Möglicherweise, weil man Content für die Updates braucht, die monatlich kommen, und da nicht immer nur reine PvE Enthusiasten bedienen will


----------



## darksilver1 (1. August 2012)

Derulu schrieb:


> Möglicherweise, weil man Content für die Updates braucht, die monatlich kommen, und da nicht immer nur reine PvE Enthusiasten bedienen will



Hmm. diese Idee ist mir mit cassandra und der pick up Quest schon gekommen die in den ersten beiden open betas ja vorhanden war.
Na ich hoffe das war nicht nur der Grund, ansonsten  .


----------



## Kamsi (1. August 2012)

ach ist also entfernter content den wir als neuen content verkauft bekommen ?

so wie bei me3 der dlc der auf der dvd war ?


----------



## amnie (1. August 2012)

Derulu schrieb:


> Oh, für eingefleischte PvPler macht gerade so eine Situation den Reiz aus



also auf huldra definitiv nicht. 1-2 drachen gegen 20 templer? äh nee danke. ich geh da nur rein wenn ich im fraktionschat lese dass man rein soll weil man grad versucht was zu übernehmen, ansonsten können die mich ma kreuzweise. auf abgefarmt werden hab ich keinen bock. sogar die ilus werden nur noch abgefarmt (was vll irgendwo auch gut is weil ilus und drachen anfangen absprachen zu halten. lol)

aber derzeit ist wirklich null teamgefühl in fusang - und ja, ich habe es versucht. 

ich finds auch sehr daneben, dass man nur für die facilities schwarze marken bekommt.... die weißen bekommt man doch eh schon hinterhergeschmissen


----------



## MrGimbel (1. August 2012)

Also die Situation auf Kobold find ich eigentlich ganz interessant. Klar sind die Templer in der Überzahl, aber auch die Drachen haben in letzter Zeit massiv zulegen können. 
Und abgefarmt wirst du nur, wenn du dich abfarmen lässt (bzw Pech hast^^)


----------



## amnie (1. August 2012)

nja ok ganz so schlimm ist es wie gesagt selbst auf huldra nicht, aber eben auch nur .wenn. drachen (bzw ilus) sich mal wirklich organisieren. ich kann es mir vor allem auch garnicht erklären, weil viele der beta-drachen-cabals sich halt auf huldra angesammelt haben. deshalb bin ich ja überhaupt nur da hin mit meinem drachen char. 

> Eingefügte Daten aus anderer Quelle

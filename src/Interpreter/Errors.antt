-- ===== src/Interpreter/Errors.antt =====
-- Error routing, `handleError` of src/runtime/Interpreter.cpp: the node's own handler, then the
-- nearest frame that can recover.
use sapo_engine.Prelude.{
  suc, String, Bool, true, false, not, ◌&&◌, Option, none, some, List, [], ◌∷◌, ◌++◌, if◌then◌else◌,
  str_eq,
}
use sapo_engine.Prelude.Map.{lookup, insert}
use sapo_engine.Workflow.{Node, ParsedWorkflow, find}
use sapo_engine.Interpreter.State.{
  iteration_skipped, error_object, CapturedError, Frame, FrameKind, loop, try, Phase, in_body,
  in_catch, in_finally, RunState, Tasks, Step, done, ◌>>=◌,
}
use sapo_engine.Interpreter.Frames.{save_frames, resolve_jump}
use sapo_engine.Interpreter.Advance.{Unwind, front, close_frame, next_iteration, advance, weigh}

-- A frame of the searches that name a loop: any loop for the empty name.
unfoldable pub is_loop_named : String → FrameKind → Frame → Bool
is_loop_named loop_id loop f =
    if str_eq loop_id ""
    then true
    else if str_eq f.loop_state.loop_id loop_id
    then true
    else str_eq f.node_id loop_id
is_loop_named loop_id _ f = false

-- The innermost such frame, with the frames around it.
unfoldable pub find_loop : String → List Frame → Option (Frame × List Frame)
find_loop loop_id [] = none
find_loop loop_id (f ∷ rest) =
    if is_loop_named loop_id f.kind f then some (f, rest) else find_loop loop_id rest

abbrev pub known_target : ParsedWorkflow → Option String → String
known_target w none = ""
known_target w (some id) = elim (find w id) [ none ↦ "" | some _ ↦ id ]

-- The handler that `catch.when` names for an error's code. A stale id counts as none.
unfoldable pub routed_to : ParsedWorkflow → Frame → CapturedError → String
routed_to w f e = known_target w (lookup e.code f.try_state.catch_when)

abbrev pub handlers_or : String → List String → List String
handlers_or routed catch_ids = if str_eq routed "" then catch_ids else routed ∷ []

abbrev pub is_empty {ℓ} : {A : Type ℓ} → List A → Bool
is_empty [] = true
is_empty (x ∷ xs) = false

abbrev pub own_handler : Option Node → Option String
own_handler none = none
own_handler (some node) = elim node.on_error [
  | none ↦ none
  | some id ↦ if str_eq id "" then none else some id
]

abbrev pub handler_of : ParsedWorkflow → String → Option String
handler_of w current = if str_eq current "" then none else own_handler (find w current)

module _ {C : Type 0} where
  -- The locals and the context variable by which a catch body reads the error.
  unfoldable pub name_error : Tasks C → String → CapturedError → RunState C → RunState C
  name_error t variable e st =
      let locals = insert "error" (error_object e) st.locals in
      record st {
        locals =
            if str_eq variable ""
            then locals
            else if str_eq variable "error"
            then locals
            else insert variable (error_object e) locals;
        context = if str_eq variable "" then st.context else t.set_variable variable e st.context;
      }

  unfoldable pub enter_catch :
      Tasks C → Frame → List Frame → List String → CapturedError → RunState C → RunState C
  unfolding name_error
  enter_catch t f outer ids e st =
      let f' : Frame = record f {
        position = 0;
        ids = ids;
        try_state = record f.try_state { phase = in_catch };
      } in
      name_error t f.try_state.error_variable e
        (save_frames (record st { frames = f' ∷ outer; cursor = front ids }))

  -- Cleanup first, then the error keeps travelling outwards.
  unfoldable pub enter_cleanup :
      Frame → List Frame → List String → CapturedError → RunState C → RunState C
  enter_cleanup f outer ids e st =
      let f' : Frame = record f {
        position = 0;
        ids = ids;
        try_state = record f.try_state { phase = in_finally; propagate = some e };
      } in
      save_frames (record st { frames = f' ∷ outer; cursor = front ids })

  -- `return true` after a step that has a verdict of its own.
  unfoldable pub as_handled : Bool × RunState C → Step (Bool × RunState C)
  as_handled (b, st) = done (true, st)

module _ {C : Type 0} (t : Tasks C) (w : ParsedWorkflow) where
  abbrev pub unwind_of : RunState C → Unwind C
  unwind_of st = advance t w (suc (weigh st.frames))

  unfoldable pub iterate_found : RunState C → Option (Frame × List Frame) → Step (Bool × RunState C)
  iterate_found st none = done (false, st)
  iterate_found st (some (f, rest)) = do
    st' ← next_iteration t w (unwind_of st) f rest st
    done (true, st')

  -- `nextIterationFor`; false is "not inside such a loop".
  unfoldable pub next_iteration_for : RunState C → String → Step (Bool × RunState C)
  next_iteration_for st loop_id = iterate_found st (find_loop loop_id st.frames)

  unfoldable pub finish_found : RunState C → Option (Frame × List Frame) → Step (Bool × RunState C)
  finish_found st none = done (false, st)
  finish_found st (some (f, rest)) = do st' ← close_frame (unwind_of st) f rest st; done (true, st')

  unfoldable pub finish_loop : RunState C → String → Step (Bool × RunState C)
  finish_loop st loop_id = finish_found st (find_loop loop_id st.frames)

  -- A try frame in its body, with the handlers that it has for this error and its cleanup.
  unfoldable pub recover :
      Frame
      → List Frame
      → List String
      → List String
      → CapturedError
      → RunState C
      → Step (Bool × RunState C)
  recover f outer (x ∷ xs) cleanup e st = done (true, enter_catch t f outer (x ∷ xs) e st)
  recover f outer [] (x ∷ xs) e st = done (true, enter_cleanup f outer (x ∷ xs) e st)
  recover f outer [] [] e st = do
    st' ← close_frame (unwind_of st) f outer (record st { pending_error = some e })
    done (true, st')

  unfoldable pub try_frame :
      Phase
      → Frame
      → List Frame
      → CapturedError
      → RunState C
      → Step (Bool × RunState C)
      → Step (Bool × RunState C)
  try_frame in_body f outer e st further =
      let ts = f.try_state in
      let routed = routed_to w f e in
      if str_eq routed "" && is_empty ts.catch_ids && not (is_empty ts.catch_when)
      then further
      else recover f outer (handlers_or routed ts.catch_ids) ts.finally_ids e st
  try_frame _ f outer e st further = further

  -- `nextIterationFor(workflow, state, "")`: the innermost loop of all the frames.
  unfoldable pub loop_frame :
      Frame → CapturedError → RunState C → Step (Bool × RunState C) → Step (Bool × RunState C)
  loop_frame f e st further =
      if str_eq f.loop_state.on_item_error "fail"
      then further
      else (next_iteration_for
            (record st {
              warnings =
                  st.warnings
                  ++ iteration_skipped f.node_id f.loop_state.index e.code e.message ∷ [];
            })
            ""
          >>= as_handled)

  unfoldable pub handle_frame :
      FrameKind
      → Frame
      → List Frame
      → CapturedError
      → RunState C
      → Step (Bool × RunState C)
      → Step (Bool × RunState C)
  handle_frame try f outer e st further = try_frame f.try_state.phase f outer e st further
  handle_frame loop f outer e st further = loop_frame f e st further
  handle_frame _ f outer e st further = further

  -- From the innermost frame outwards.
  unfoldable pub handle_frames : List Frame → CapturedError → RunState C → Step (Bool × RunState C)
  handle_frames [] e st = done (false, st)
  handle_frames (f ∷ outer) e st = handle_frame f.kind f outer e st (handle_frames outer e st)

  unfoldable pub handle_or : Option String → CapturedError → RunState C → Step (Bool × RunState C)
  handle_or (some id) e st =
      done
        (true, resolve_jump (record st { locals = insert "error" (error_object e) st.locals }) id)
  handle_or none e st = handle_frames st.frames e st

  unfoldable pub handle_error : CapturedError → RunState C → Step (Bool × RunState C)
  handle_error e st = handle_or (handler_of w st.current_node_id) e st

ich mach zwar auch die anderen pvp sachen ganz gerne, und wenn wirklich mal was in fusang los ist es auch echt lustig bzw nervenaufreibend (vor allem bei übernahmen) aber das passiert bei drachen halt auf huldra entweder wenn ich nicht online bin oder ich bin in fusang und alle gehen... lol. vll wolln die mich auch nur nich


----------



## MrGimbel (1. August 2012)

amnie schrieb:


> ... oder ich bin in fusang und alle gehen... lol. vll wolln die mich auch nur nich



Galena joined raid
XYZ left raid
XYZ left raid
XYZ left raid
XYZ left raid
XYZ left raid
XYZ left raid
XYZ left raid
XYZ left raid
XYZ left raid
XYZ left raid

So in etwa?


----------



## amnie (1. August 2012)

lol naja gut ganz so schlimm nicht, aber meißt ist es wirklich so, dass die leute dann einfach gehen sobald sie eine facility haben weil sie sich denken 'ne zweite schaffen wir eh nich' oder kA. ich muss ma versuchen rauszubekommen wann das ist wo die leute online sind die auch ma mehr als eine übernehmen (weil passieren tut es schon manchmal)


----------



## darksilver1 (1. August 2012)

Kamsi schrieb:


> ach ist also entfernter content den wir als neuen content verkauft bekommen ?
> 
> so wie bei me3 der dlc der auf der dvd war ?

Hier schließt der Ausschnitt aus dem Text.